● **Problem to solve**:
Counting every line in the records below that holds "unfoldable", give the total and add nothing.

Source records

-- ===== src/Protocol/Rounds/Agree.antt =====
-- That the two sides agree after any number of rounds.
use timeline_aggregation_pro.Base.{
  ℕ, ◌≡◌, refl, sym, ap, ◌∙◌, subst, ok, true, Option, none, some, List, ◌++◌, arith, contains,
  sum_by-append, sum_values,
}
use timeline_aggregation_pro.Core.Primitives.{Address, EcdsaLaws}
use timeline_aggregation_pro.Core.Receipt.{SignedReceipt}
use timeline_aggregation_pro.Core.Error.{SignedRav, ReceiptAggregateVoucher}
use timeline_aggregation_pro.Core.SignedMessage.{recover_signer-sign}
use timeline_aggregation_pro.Core.Rav.{RavRequest}
use timeline_aggregation_pro.Core.Rav.Value.{receipt_value, voucher}
use timeline_aggregation_pro.Core.Action.{done}
use timeline_aggregation_pro.Core.Manager.{
  SystemTime, create_rav_request, verify_and_store_rav, verify_and_store_receipt,
  remove_obsolete_receipts,
}
use timeline_aggregation_pro.Core.Manager.Request.{create_rav_request-Request}
use timeline_aggregation_pro.Core.Memory.{InMemoryContext, UnorderedLaws, last_rav}
use timeline_aggregation_pro.Core.Memory.Checks.{get_full_list_of_checks}
use timeline_aggregation_pro.Aggregator.{check_and_aggregate_receipts}
use timeline_aggregation_pro.Aggregator.Guards.{IsUniform}
use timeline_aggregation_pro.Aggregator.Sound.{IsAggregable-of_ok}
use timeline_aggregation_pro.Receiver.Escrow.{total_escrow, create_rav_request-total_escrow}
use timeline_aggregation_pro.Receiver.Verify.{verify_and_store_rav-inv}
use timeline_aggregation_pro.Receiver.Round.{remove_obsolete_receipts_lem}
use timeline_aggregation_pro.Receiver.Keeps.{
  verify_and_store_receipt-SameAccounts, verify_and_store_receipt-sender_address,
}
use timeline_aggregation_pro.Protocol.Rounds.{
  Parties, full_receiver, Rounds, nothing, arrival, round, LastIssued, Agrees, LastIssued-previous,
  LastIssued-next,
}

module _ (parties : Parties) where
  open parties use {crates, formats, profile, accepted, wallet, u, domain_separator, allocation_ids}

  arrival-Agrees :
      (a : Address) (start : InMemoryContext) (rs : List SignedReceipt) (s : InMemoryContext)
      (r : SignedReceipt) {s' : InMemoryContext}
      → Agrees parties a start rs s
      → verify_and_store_receipt crates (full_receiver parties) r s ≡ (done (ok tt), s')
      → Agrees parties a start rs s'
  arrival-Agrees a start rs s r {s'} k e =
      let checks = get_full_list_of_checks crates domain_separator accepted allocation_ids in
      let (accounts, last) =
        verify_and_store_receipt-SameAccounts crates profile u checks domain_separator r s in
      let sender =
        verify_and_store_receipt-sender_address crates profile u checks domain_separator r s in
      let end = ap (λ p. p.1) e in
      record {
        sender = ap (λ (t : InMemoryContext). t.sender_address) (sym end) ∙ sender ∙ k.sender;
        escrow = omega (arith, ap total_escrow end, ap sum_values accounts, k.escrow);
        last =
            subst (LastIssued parties a rs)
              (sym last ∙ ap (λ (t : InMemoryContext). t.rav_storage) end) k.last;
      }

  module _ (laws : UnorderedLaws u) (ecdsa_laws : EcdsaLaws crates.ecdsa)
      (own : contains accepted (crates.ecdsa.address wallet) ≡ true) (a : Address)
      (start : InMemoryContext) where
    -- The previous voucher of a request is the last one.
    pub request-previous :
        (time : SystemTime) (buffer : ℕ) (limit : Option ℕ) (s : InMemoryContext) {req : RavRequest}
        {s' : InMemoryContext}
        → create_rav_request crates profile (full_receiver parties) time buffer limit s
          ≡ (done (ok req), s')
        → req.previous_rav ≡ s.rav_storage
    unfolding last_rav
    request-previous time buffer limit s h =
        let q =
          create_rav_request-Request crates profile (full_receiver parties) time buffer limit s h in
        ground (arith, q.previous)

    answer-LastIssued :
        (rs : List SignedReceipt) (time : SystemTime) (buffer : ℕ) (limit : Option ℕ)
        (s : InMemoryContext) {req : RavRequest} {s' : InMemoryContext} {rav : SignedRav}
        → LastIssued parties a rs s.rav_storage
        → create_rav_request crates profile (full_receiver parties) time buffer limit s
          ≡ (done (ok req), s')
        → IsUniform a req.valid_receipts
        → check_and_aggregate_receipts crates formats domain_separator req.valid_receipts
            req.previous_rav wallet accepted
          ≡ ok rav
        → LastIssued parties a (rs ++ req.valid_receipts) (some rav)
    answer-LastIssued rs time buffer limit s {req} {s'} {rav} last h uniform answer =
        let q =
          create_rav_request-Request crates profile (full_receiver parties) time buffer limit s h in
        let prev = request-previous time buffer limit s h in
        let last' = subst (LastIssued parties a rs) (sym prev) last in
        let (fits, _, _) = LastIssued-previous parties a rs req.previous_rav own last' in
        let (b, g, signing) =
          IsAggregable-of_ok crates formats domain_separator req.valid_receipts req.previous_rav
            wallet accepted fits answer in
        let (content, signer) =
          recover_signer-sign crates.rav_sol crates.ecdsa ecdsa_laws domain_separator
            (voucher b req.valid_receipts req.previous_rav) wallet signing in
        let shared_a = subst (IsUniform a) q.nonempty uniform in
        let shared_b = subst (IsUniform b) q.nonempty g.uniform in
        (
          LastIssued-next parties a rs req.valid_receipts req.previous_rav last' answer,
          ap (λ (v : ReceiptAggregateVoucher). v.allocation_id) content
              ∙ sym shared_b.0
              ∙ shared_a.0,
          signer,
        )

    round-Agrees :
        (rs : List SignedReceipt) (time : SystemTime) (buffer : ℕ) (limit : Option ℕ)
        (s : InMemoryContext) {req : RavRequest} {s₁ s₂ s₃ : InMemoryContext} {rav : SignedRav}
        → Agrees parties a start rs s
        → create_rav_request crates profile (full_receiver parties) time buffer limit s
          ≡ (done (ok req), s₁)
        → IsUniform a req.valid_receipts
        → check_and_aggregate_receipts crates formats domain_separator req.valid_receipts
            req.previous_rav wallet accepted
          ≡ ok rav
        → verify_and_store_rav crates (full_receiver parties) req.expected_rav rav s₁
          ≡ (done (ok tt), s₂)
        → remove_obsolete_receipts crates (full_receiver parties) s₂ ≡ (done (ok tt), s₃)
        → Agrees parties a start (rs ++ req.valid_receipts) s₃
    round-Agrees rs time buffer limit s {req} {s₁} {s₂} {s₃} {rav} k h uniform answer taken
          cleaned =
        let checks = get_full_list_of_checks crates domain_separator accepted allocation_ids in
        let (frame, paid) =
          create_rav_request-total_escrow crates profile u checks domain_separator laws time buffer
            limit s h in
        let (_, after_store) =
          verify_and_store_rav-inv crates profile u checks domain_separator req.expected_rav rav s₁
            taken in
        let (t, e, _, frame') =
          remove_obsolete_receipts_lem crates profile u checks domain_separator s₂ in
        let end : s₃ ≡ t = ap (λ p. p.1) (sym cleaned ∙ e) in
        let last : InMemoryContext → Option SignedRav = λ x. x.rav_storage in
        let sender : InMemoryContext → Option Address = λ x. x.sender_address in
        let escrow = ap total_escrow (end ∙ frame') ∙ ap total_escrow after_store in
        record {
          sender = ap sender (end ∙ frame') ∙ ap sender after_store ∙ ap sender frame ∙ k.sender;
          escrow =
              omega
                (arith, escrow, paid, k.escrow, sum_by-append receipt_value rs req.valid_receipts);
          last =
              subst (LastIssued parties a (rs ++ req.valid_receipts))
                (sym (ap last (end ∙ frame') ∙ ap last after_store))
                (answer-LastIssued rs time buffer limit s k.last h uniform answer);
        }

    -- The two sides stay in agreement. Let the receiver start without a voucher and run the full
    -- list of checks with the signers that the aggregator accepts, the aggregator's own address
    -- among them. After any number of rounds and arrivals, the escrow has fallen by exactly the
    -- values of the receipts that were paid, and the last voucher, if anything was paid, is one that
    -- the aggregator has issued for exactly these receipts, signed by its wallet.
    pub Rounds-Agrees :
        {rs : List SignedReceipt} {s : InMemoryContext}
        → start.rav_storage ≡ none
        → Rounds parties a start rs s
        → Agrees parties a start rs s
    Rounds-Agrees fresh nothing = record {
      sender = refl;
      escrow = omega arith;
      last = rw fresh refl;
    }
    Rounds-Agrees fresh (arrival {rs} {s} before r e) =
        arrival-Agrees a start rs s r (Rounds-Agrees fresh before) e
    Rounds-Agrees fresh (round {rs} {s} before time buffer limit h uniform answer taken cleaned) =
        round-Agrees rs time buffer limit s (Rounds-Agrees fresh before) h uniform answer taken
          cleaned
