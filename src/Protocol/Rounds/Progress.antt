-- ===== src/Protocol/Rounds/Progress.antt =====
-- That the next round between the two sides succeeds.
use timeline_aggregation_pro.Base.{
  ℕ, ◌+◌, ◌≡◌, refl, sym, ◌∙◌, subst, ok, true, Option, none, some, List, IsU64, contains,
}
use timeline_aggregation_pro.Core.Primitives.{Address, EcdsaLaws}
use timeline_aggregation_pro.Core.Receipt.{SignedReceipt}
use timeline_aggregation_pro.Core.Error.{SignedRav}
use timeline_aggregation_pro.Core.SignedMessage.{sign}
use timeline_aggregation_pro.Core.Rav.{RavRequest, initial_timestamp}
use timeline_aggregation_pro.Core.Action.{done}
use timeline_aggregation_pro.Core.Manager.{SystemTime, create_rav_request, verify_and_store_rav}
use timeline_aggregation_pro.Core.Memory.{InMemoryContext, UnorderedLaws}
use timeline_aggregation_pro.Aggregator.{check_and_aggregate_receipts}
use timeline_aggregation_pro.Aggregator.Guards.{IsUniform}
use timeline_aggregation_pro.Receiver.Verify.{with_rav}
use timeline_aggregation_pro.Protocol.{
  check_and_aggregate_receipts-create_rav_request,
  verify_and_store_rav-check_and_aggregate_receipts,
}
use timeline_aggregation_pro.Protocol.Rounds.{
  Parties, full_receiver, Rounds, LastIssued, LastIssued-previous,
}
use timeline_aggregation_pro.Protocol.Rounds.Agree.{request-previous, Rounds-Agrees}

module _ (parties : Parties) where
  open parties use {crates, formats, profile, accepted, wallet, u, domain_separator, allocation_ids}

  module _ (laws : UnorderedLaws u) (ecdsa_laws : EcdsaLaws crates.ecdsa)
      (own : contains accepted (crates.ecdsa.address wallet) ≡ true) (a : Address)
      (start : InMemoryContext) where
    -- The next round succeeds. Let the receiver start without a voucher, know the wallet's address as
    -- the sender's, and run the full list of checks with the signers that the aggregator accepts,
    -- the wallet's address among them. After any number of rounds and arrivals, let a request be
    -- created, for receipts of the allocation, after a voucher that lies before the end of time, and
    -- let the wallet sign the expected voucher. Then the aggregator answers the request with that
    -- signed voucher, and the receiver stores it.
    pub Rounds-progress :
        {rs : List SignedReceipt} {s : InMemoryContext} (time : SystemTime) (buffer : ℕ)
        (limit : Option ℕ) {req : RavRequest} {s' : InMemoryContext} {rav : SignedRav}
        → start.rav_storage ≡ none
        → start.sender_address ≡ some (crates.ecdsa.address wallet)
        → Rounds parties a start rs s
        → create_rav_request crates profile (full_receiver parties) time buffer limit s
          ≡ (done (ok req), s')
        → IsUniform a req.valid_receipts
        → IsU64 (initial_timestamp req.previous_rav + 1)
        → sign crates.rav_sol crates.ecdsa domain_separator req.expected_rav wallet ≡ ok rav
        → (check_and_aggregate_receipts crates formats domain_separator req.valid_receipts
              req.previous_rav wallet accepted
            ≡ ok rav)
          × (verify_and_store_rav crates (full_receiver parties) req.expected_rav rav s'
              ≡ (done (ok tt), with_rav s' rav))
    Rounds-progress {rs} {s} time buffer limit {req} fresh known before h uniform fits64 signing =
        let k = Rounds-Agrees parties laws ecdsa_laws own a start fresh before in
        let last =
          subst (LastIssued parties a rs)
            (sym (request-previous parties laws ecdsa_laws own a start time buffer limit s h))
            k.last in
        let (fits, same, signer) = LastIssued-previous parties a rs req.previous_rav own last in
        let answer =
          check_and_aggregate_receipts-create_rav_request crates formats profile accepted wallet
            (full_receiver parties) allocation_ids refl time buffer limit s a h fits64 fits uniform
            same signer
          ∙ signing in
        (
          answer,
          verify_and_store_rav-check_and_aggregate_receipts crates formats profile accepted wallet u
              laws ecdsa_laws domain_separator allocation_ids time buffer limit s a
              (k.sender ∙ known) h fits64 fits uniform same signer answer,
        )
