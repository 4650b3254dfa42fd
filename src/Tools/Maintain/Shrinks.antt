-- ===== src/Tools/Maintain/Shrinks.antt =====
-- What the maintenance of the NPCs does to their profiles.
use narrative_ai_agent.Prelude.{
  ◌≤◌, ◌<◌, ltb, leb, ◌≡◌, refl, sym, subst, ap, ◌∙◌, ◌⊎◌, Option, none, some, List, [], ◌∷◌,
  length, Result, ok, err, arith, Bool-cases, inl, inr,
}
use narrative_ai_agent.Prelude.Text.{Text, text_eq, text_eq_iff}
use narrative_ai_agent.NpcProfile.{Profile}
use narrative_ai_agent.Tools.Npc.{NpcFiles, NpcError, load_profile, save_profile}
use narrative_ai_agent.Tools.Maintain.{
  Maintenance, MaintainError, npc_personal_memory_limit, condensed, written, write_condensed,
  maintain_loaded, maintain_one, maintain_all, maintain_listed, maintain_npcs,
}

-- A profile with the limit of memories or more, and one with fewer of them.
pub record Condensed (before after : Result Text (Option Profile)) : Type 0 where
  pub old : Profile
  pub new : Profile
  pub was : before ≡ ok (some old)
  pub is : after ≡ ok (some new)
  pub full : npc_personal_memory_limit ≤ length old.personal_memory
  pub fewer : length new.personal_memory < length old.personal_memory

abbrev pub Shrunk : NpcFiles → NpcFiles → Type 0
Shrunk s t =
    (world slug : Text)
    → (t.profiles world slug ≡ s.profiles world slug)
      ⊎ Condensed (s.profiles world slug) (t.profiles world slug)

Shrunk-refl : (s : NpcFiles) → Shrunk s s
Shrunk-refl s world slug = inl refl

Condensed-trans :
    {a b c : Result Text (Option Profile)} → Condensed a b → Condensed b c → Condensed a c
Condensed-trans first second =
    let same : first.new ≡ second.old = ground (arith, first.is, second.was) in
    record {
      old = first.old;
      new = second.new;
      was = first.was;
      is = second.is;
      full = first.full;
      fewer =
          let shorter : length second.new.personal_memory < length first.new.personal_memory =
            subst (λ p. length second.new.personal_memory < length p.personal_memory) (sym same)
              second.fewer in
          omega (arith, first.fewer, shorter);
    }

Shrunk-trans : (s t u : NpcFiles) → Shrunk s t → Shrunk t u → Shrunk s u
Shrunk-trans s t u first second world slug = elim (first world slug) [
  | inl same ↦ elim (second world slug) [
    | inl same' ↦ inl (same' ∙ same)
    | inr shrunk ↦ inr (subst (λ r. Condensed r (u.profiles world slug)) same shrunk)
  ]
  | inr shrunk ↦ elim (second world slug) [
    | inl same' ↦ inr (subst (λ r. Condensed (s.profiles world slug) r) (sym same') shrunk)
    | inr shrunk' ↦ inr (Condensed-trans shrunk shrunk')
  ]
]

-- A shorter profile is written over a full one.
save_profile-Shrunk :
    (w sl : Text) (p q : Profile) (s : NpcFiles)
    → s.profiles w sl ≡ ok (some p)
    → npc_personal_memory_limit ≤ length p.personal_memory
    → length q.personal_memory < length p.personal_memory
    → Shrunk s (save_profile w sl q s).1
unfolding save_profile
save_profile-Shrunk w sl p q s holds full fewer world slug =
    elim (Bool-cases (s.profile_fault w sl)) [
      | inl faulty ↦ rw faulty (inl refl)
      | inr writes ↦ elim (Bool-cases (text_eq world w)) [
        | inr elsewhere ↦ rw (writes, elsewhere) (inl refl)
        | inl here ↦ elim (Bool-cases (text_eq slug sl)) [
          | inr other ↦
              rw (writes, here, other)
                (inl (ap (λ v. s.profiles v slug) (sym ((text_eq_iff world w).0 here))))
          | inl this ↦
              let was =
                ap (λ v. s.profiles v slug) ((text_eq_iff world w).0 here)
                ∙ ap (s.profiles w) ((text_eq_iff slug sl).0 this)
                ∙ holds in
              rw (writes, here, this)
                (inr
                  (record { old = p; new = q; was = was; is = refl; full = full; fewer = fewer }))
        ]
      ]
    ]

module _ (m : Maintenance) where
  written-files : (r : Result NpcError (Unit {0}) × NpcFiles) → (written m r).1 ≡ r.1
  written-files (err e, t) = refl
  written-files (ok u, t) = refl

  write_condensed-Shrunk :
      (w sl : Text) (p : Profile) (r : Result MaintainError (Option Profile)) (s : NpcFiles)
      → s.profiles w sl ≡ ok (some p)
      → npc_personal_memory_limit ≤ length p.personal_memory
      → Shrunk s (write_condensed m w sl p r s).1
  unfolding write_condensed
  write_condensed-Shrunk w sl p (err e) s holds full = Shrunk-refl s
  write_condensed-Shrunk w sl p (ok none) s holds full = Shrunk-refl s
  write_condensed-Shrunk w sl p (ok (some q)) s holds full =
      elim (Bool-cases (leb (length p.personal_memory) (length q.personal_memory))) [
        | inl more ↦ rw more (Shrunk-refl s)
        | inr fewer ↦ rw fewer (
            subst (λ t. Shrunk s t) (sym (written-files (save_profile w sl q s)))
              (save_profile-Shrunk w sl p q s holds full (ground arith)))
      ]

  maintain_loaded-Shrunk :
      (w sl : Text) (found : Result NpcError Profile) (s : NpcFiles)
      → load_profile w sl s ≡ found
      → Shrunk s (maintain_loaded m w sl found s).1
  unfolding maintain_loaded load_profile
  maintain_loaded-Shrunk w sl (err e) s look = Shrunk-refl s
  maintain_loaded-Shrunk w sl (ok p) s look =
      elim (Bool-cases (ltb (length p.personal_memory) npc_personal_memory_limit)) [
        | inl few ↦ rw few (Shrunk-refl s)
        | inr many ↦
            rw many
              (write_condensed-Shrunk w sl p (condensed m w p) s (ground arith) (ground arith))
      ]

  maintain_all-Shrunk :
      (w : Text) (slugs : List Text) (s : NpcFiles) → Shrunk s (maintain_all m w slugs s).1
  unfolding maintain_all maintain_one
  maintain_all-Shrunk w [] s = Shrunk-refl s
  maintain_all-Shrunk w (slug ∷ slugs) s =
      let t = (maintain_one m w slug s).1 in
      Shrunk-trans s t (maintain_all m w slugs t).1
        (maintain_loaded-Shrunk w slug (load_profile w slug s) s refl)
        (maintain_all-Shrunk w slugs t)

  maintain_listed-Shrunk :
      (w : Text) (r : Result MaintainError (List Text)) (s : NpcFiles)
      → Shrunk s (maintain_listed m w r s).1
  unfolding maintain_listed
  maintain_listed-Shrunk w (err e) s = Shrunk-refl s
  maintain_listed-Shrunk w (ok slugs) s = maintain_all-Shrunk w slugs s

  -- The maintenance of the NPCs of a world leaves each profile as it is, or it puts one with fewer memories in the place
  -- of one that had 25 of them or more. It neither adds nor removes a profile, whatever the model answers.
  pub maintain_npcs-Shrunk : (world : Text) (s : NpcFiles) → Shrunk s (maintain_npcs m world s).1
  unfolding maintain_npcs
  maintain_npcs-Shrunk world s = maintain_listed-Shrunk world _ s
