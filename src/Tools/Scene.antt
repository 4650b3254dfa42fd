-- ===== src/Tools/Scene.antt =====
-- internal/usecase/tools/files/state.go: `AppendEvent`, `AppendHistoryToState`, `EndScene` and `RotatePlan`.
-- `strings.ToLower` and the layout of a time are parameters.
use narrative_ai_agent.Prelude.{
  ℕ, ◌-◌, Bool, Option, none, some, List, [], ◌∷◌, ◌++◌, if◌then◌else◌, keep, length, map, Result,
  ok, err,
}
use narrative_ai_agent.Prelude.Text.{Text, lit, is_empty, trim_space, contains_text}
use narrative_ai_agent.Repositories.{
  Info, Action, no_active_world, empty_world, pure, raise, ◌>>=◌, ◌>>◌, load_state, save_state,
}
use narrative_ai_agent.Repositories.Files.{append_event, replace_events}

-- `EndSceneResult`.
pub record EndSceneResult : Type 0 where
  pub kept_npcs : List Text
  pub pruned_npcs_len : ℕ

abbrev active_of : Result Text Info → Text
active_of (ok info) = info.active_world
active_of (err e) = []

-- `time.Time` as the text of `at.UTC().Format("2006-01-02 15:04")`.
abbrev history_entry : Text → Text → Text
history_entry at summary = lit "[history сжато " ++ at ++ lit " UTC]" ++ lit "\n" ++ summary

unfoldable append_history_to_state : Text → Text → Text → Action (Unit {0})
unfolding trim_space load_state save_state ◌>>=◌
append_history_to_state world summary at =
    if is_empty (trim_space summary)
    then pure tt
    else if is_empty world
    then raise empty_world
    else do
      st ← load_state world
      save_state world (record st { events = st.events ++ (history_entry at summary ∷ []) })

unfoldable pub rotate_plan : Text → List Text → Action (Unit {0})
unfolding replace_events
rotate_plan world events = replace_events world events

module _ (lower : Text → Text) where
  unfoldable append_event_tool : Text → Action (Unit {0})
  unfolding append_event
  append_event_tool text s =
      (if is_empty (active_of s.info)
          then raise no_active_world
          else append_event lower (active_of s.info) text)
        s

  -- The lowered and trimmed name of an NPC is one of the party's.
  unfoldable pub in_party : List Text → Text → Bool
  unfolding trim_space
  in_party party n = contains_text (map (λ p. lower (trim_space p)) party) (lower (trim_space n))

  pruned : List Text → List Text → List Text
  unfolding in_party
  pruned party roster = keep (in_party party) roster

  unfoldable pub end_scene : Text → Option (List Text) → Action EndSceneResult
  unfolding pruned load_state save_state ◌>>=◌
  end_scene world party = if is_empty world then raise empty_world else do
    st ← load_state world
    elim party [
      | none ↦ pure (record { kept_npcs = st.npcs; pruned_npcs_len = 0 })
      | some names ↦ do
        save_state world (record st { npcs = pruned names st.npcs })
        pure (record {
          kept_npcs = pruned names st.npcs;
          pruned_npcs_len = length st.npcs - length (pruned names st.npcs);
        })
    ]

● **Answer**:
5